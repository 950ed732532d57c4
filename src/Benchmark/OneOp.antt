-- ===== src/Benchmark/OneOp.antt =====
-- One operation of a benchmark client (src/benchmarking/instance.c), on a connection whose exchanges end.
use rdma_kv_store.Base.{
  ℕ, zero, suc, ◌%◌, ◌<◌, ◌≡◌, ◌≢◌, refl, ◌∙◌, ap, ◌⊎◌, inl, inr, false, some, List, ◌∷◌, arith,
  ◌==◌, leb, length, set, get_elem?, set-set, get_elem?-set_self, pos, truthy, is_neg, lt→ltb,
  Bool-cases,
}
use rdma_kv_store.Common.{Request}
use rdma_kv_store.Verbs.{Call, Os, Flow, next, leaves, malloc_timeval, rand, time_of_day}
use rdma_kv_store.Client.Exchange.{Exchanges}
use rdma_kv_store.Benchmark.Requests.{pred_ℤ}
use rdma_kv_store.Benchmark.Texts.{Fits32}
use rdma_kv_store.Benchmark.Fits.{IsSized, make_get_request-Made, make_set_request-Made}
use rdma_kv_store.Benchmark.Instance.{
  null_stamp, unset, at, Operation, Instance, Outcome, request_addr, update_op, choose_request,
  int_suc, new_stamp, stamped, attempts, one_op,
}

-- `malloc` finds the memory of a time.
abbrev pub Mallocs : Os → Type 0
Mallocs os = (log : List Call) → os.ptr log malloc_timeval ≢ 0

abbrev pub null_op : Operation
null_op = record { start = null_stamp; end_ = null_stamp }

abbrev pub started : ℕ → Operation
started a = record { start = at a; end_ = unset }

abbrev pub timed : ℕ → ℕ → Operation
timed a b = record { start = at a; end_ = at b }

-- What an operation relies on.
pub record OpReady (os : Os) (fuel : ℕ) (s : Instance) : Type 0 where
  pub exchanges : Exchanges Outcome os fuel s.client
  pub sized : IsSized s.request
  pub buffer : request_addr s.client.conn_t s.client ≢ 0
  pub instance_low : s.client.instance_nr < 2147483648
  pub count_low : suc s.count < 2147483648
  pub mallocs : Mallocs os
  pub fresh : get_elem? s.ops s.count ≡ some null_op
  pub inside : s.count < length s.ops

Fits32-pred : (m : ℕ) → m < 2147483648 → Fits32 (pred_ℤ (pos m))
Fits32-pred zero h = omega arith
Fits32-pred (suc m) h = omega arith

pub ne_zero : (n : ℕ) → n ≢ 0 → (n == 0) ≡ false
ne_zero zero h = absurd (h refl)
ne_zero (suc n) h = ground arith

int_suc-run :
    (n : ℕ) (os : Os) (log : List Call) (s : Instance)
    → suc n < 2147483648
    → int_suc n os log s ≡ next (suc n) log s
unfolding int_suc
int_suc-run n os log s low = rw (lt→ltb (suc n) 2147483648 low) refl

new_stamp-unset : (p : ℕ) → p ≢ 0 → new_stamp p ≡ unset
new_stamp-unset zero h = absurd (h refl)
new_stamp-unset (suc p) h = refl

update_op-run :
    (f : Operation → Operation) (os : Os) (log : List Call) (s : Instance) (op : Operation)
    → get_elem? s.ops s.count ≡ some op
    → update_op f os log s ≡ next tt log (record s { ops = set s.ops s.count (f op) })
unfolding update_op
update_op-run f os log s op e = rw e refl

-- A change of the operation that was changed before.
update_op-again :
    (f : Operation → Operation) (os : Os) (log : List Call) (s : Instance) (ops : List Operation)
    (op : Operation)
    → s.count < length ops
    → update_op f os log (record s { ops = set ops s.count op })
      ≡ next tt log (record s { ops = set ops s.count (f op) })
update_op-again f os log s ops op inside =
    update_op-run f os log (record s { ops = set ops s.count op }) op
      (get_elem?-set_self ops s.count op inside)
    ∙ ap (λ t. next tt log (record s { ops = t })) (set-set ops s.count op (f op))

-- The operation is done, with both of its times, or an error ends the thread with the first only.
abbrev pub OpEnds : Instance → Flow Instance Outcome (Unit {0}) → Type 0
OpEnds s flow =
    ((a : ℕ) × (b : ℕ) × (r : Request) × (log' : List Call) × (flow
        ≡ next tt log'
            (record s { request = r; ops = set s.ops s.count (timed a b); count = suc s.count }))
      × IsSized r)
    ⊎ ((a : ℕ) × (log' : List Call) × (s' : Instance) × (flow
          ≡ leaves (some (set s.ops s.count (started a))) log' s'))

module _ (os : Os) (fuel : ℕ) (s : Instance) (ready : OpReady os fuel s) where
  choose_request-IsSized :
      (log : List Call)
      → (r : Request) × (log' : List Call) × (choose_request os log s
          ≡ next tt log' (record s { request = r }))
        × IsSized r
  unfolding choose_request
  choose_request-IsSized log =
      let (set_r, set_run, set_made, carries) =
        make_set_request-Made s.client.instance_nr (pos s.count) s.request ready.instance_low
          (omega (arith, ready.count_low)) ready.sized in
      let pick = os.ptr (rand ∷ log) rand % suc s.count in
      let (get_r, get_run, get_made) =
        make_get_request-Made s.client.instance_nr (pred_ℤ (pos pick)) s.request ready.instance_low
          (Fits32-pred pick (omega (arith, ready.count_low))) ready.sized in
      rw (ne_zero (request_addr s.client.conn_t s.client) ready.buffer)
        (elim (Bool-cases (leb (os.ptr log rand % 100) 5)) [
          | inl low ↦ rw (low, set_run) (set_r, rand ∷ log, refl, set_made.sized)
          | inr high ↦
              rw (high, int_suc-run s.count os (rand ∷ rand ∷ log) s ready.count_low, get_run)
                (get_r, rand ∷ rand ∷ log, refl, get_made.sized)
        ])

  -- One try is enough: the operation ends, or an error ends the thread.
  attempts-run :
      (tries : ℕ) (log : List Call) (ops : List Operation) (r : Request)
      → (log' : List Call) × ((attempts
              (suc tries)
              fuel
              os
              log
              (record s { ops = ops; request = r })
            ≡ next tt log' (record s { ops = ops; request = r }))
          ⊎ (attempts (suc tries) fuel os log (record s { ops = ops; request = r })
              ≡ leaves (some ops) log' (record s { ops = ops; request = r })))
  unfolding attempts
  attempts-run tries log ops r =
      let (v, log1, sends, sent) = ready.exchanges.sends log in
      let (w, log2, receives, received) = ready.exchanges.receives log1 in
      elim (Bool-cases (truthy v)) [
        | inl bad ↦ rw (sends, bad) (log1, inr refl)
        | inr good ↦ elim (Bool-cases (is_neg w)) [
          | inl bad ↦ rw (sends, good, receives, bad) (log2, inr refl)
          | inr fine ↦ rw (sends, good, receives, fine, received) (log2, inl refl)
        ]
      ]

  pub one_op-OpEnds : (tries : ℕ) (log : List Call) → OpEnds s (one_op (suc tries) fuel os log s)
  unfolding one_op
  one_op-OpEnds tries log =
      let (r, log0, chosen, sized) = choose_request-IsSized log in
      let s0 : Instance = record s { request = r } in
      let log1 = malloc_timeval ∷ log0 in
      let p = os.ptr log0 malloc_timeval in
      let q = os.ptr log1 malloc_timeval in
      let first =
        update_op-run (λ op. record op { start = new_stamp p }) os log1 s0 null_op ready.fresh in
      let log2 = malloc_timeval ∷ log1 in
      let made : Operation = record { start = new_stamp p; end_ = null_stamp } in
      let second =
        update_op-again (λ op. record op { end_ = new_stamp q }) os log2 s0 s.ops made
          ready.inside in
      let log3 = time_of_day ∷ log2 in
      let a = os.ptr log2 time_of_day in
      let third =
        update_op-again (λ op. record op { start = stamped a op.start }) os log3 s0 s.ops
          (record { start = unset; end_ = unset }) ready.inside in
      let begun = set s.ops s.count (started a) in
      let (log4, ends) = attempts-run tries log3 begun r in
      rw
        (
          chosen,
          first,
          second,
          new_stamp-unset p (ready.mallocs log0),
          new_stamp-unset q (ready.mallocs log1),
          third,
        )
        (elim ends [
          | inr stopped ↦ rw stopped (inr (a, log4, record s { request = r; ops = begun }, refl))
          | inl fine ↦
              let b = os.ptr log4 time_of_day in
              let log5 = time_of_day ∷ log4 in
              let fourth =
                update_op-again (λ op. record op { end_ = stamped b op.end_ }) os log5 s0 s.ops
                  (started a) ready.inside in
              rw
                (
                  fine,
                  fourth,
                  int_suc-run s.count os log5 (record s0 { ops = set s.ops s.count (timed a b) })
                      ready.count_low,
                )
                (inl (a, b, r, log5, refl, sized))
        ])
□ □ □
## [REQUIREMENT]
Starting with the line above that holds "pub record OpReady" and stopping with the line that holds "pub count_low : suc s.count < 2147483648", reproduce each line exactly, omitting all other lines.

## [EXERCISE ANSWER]
pub record OpReady (os : Os) (fuel : ℕ) (s : Instance) : Type 0 where
  pub exchanges : Exchanges Outcome os fuel s.client
  pub sized : IsSized s.request
  pub buffer : request_addr s.client.conn_t s.client ≢ 0
  pub instance_low : s.client.instance_nr < 2147483648
  pub count_low : suc s.count < 2147483648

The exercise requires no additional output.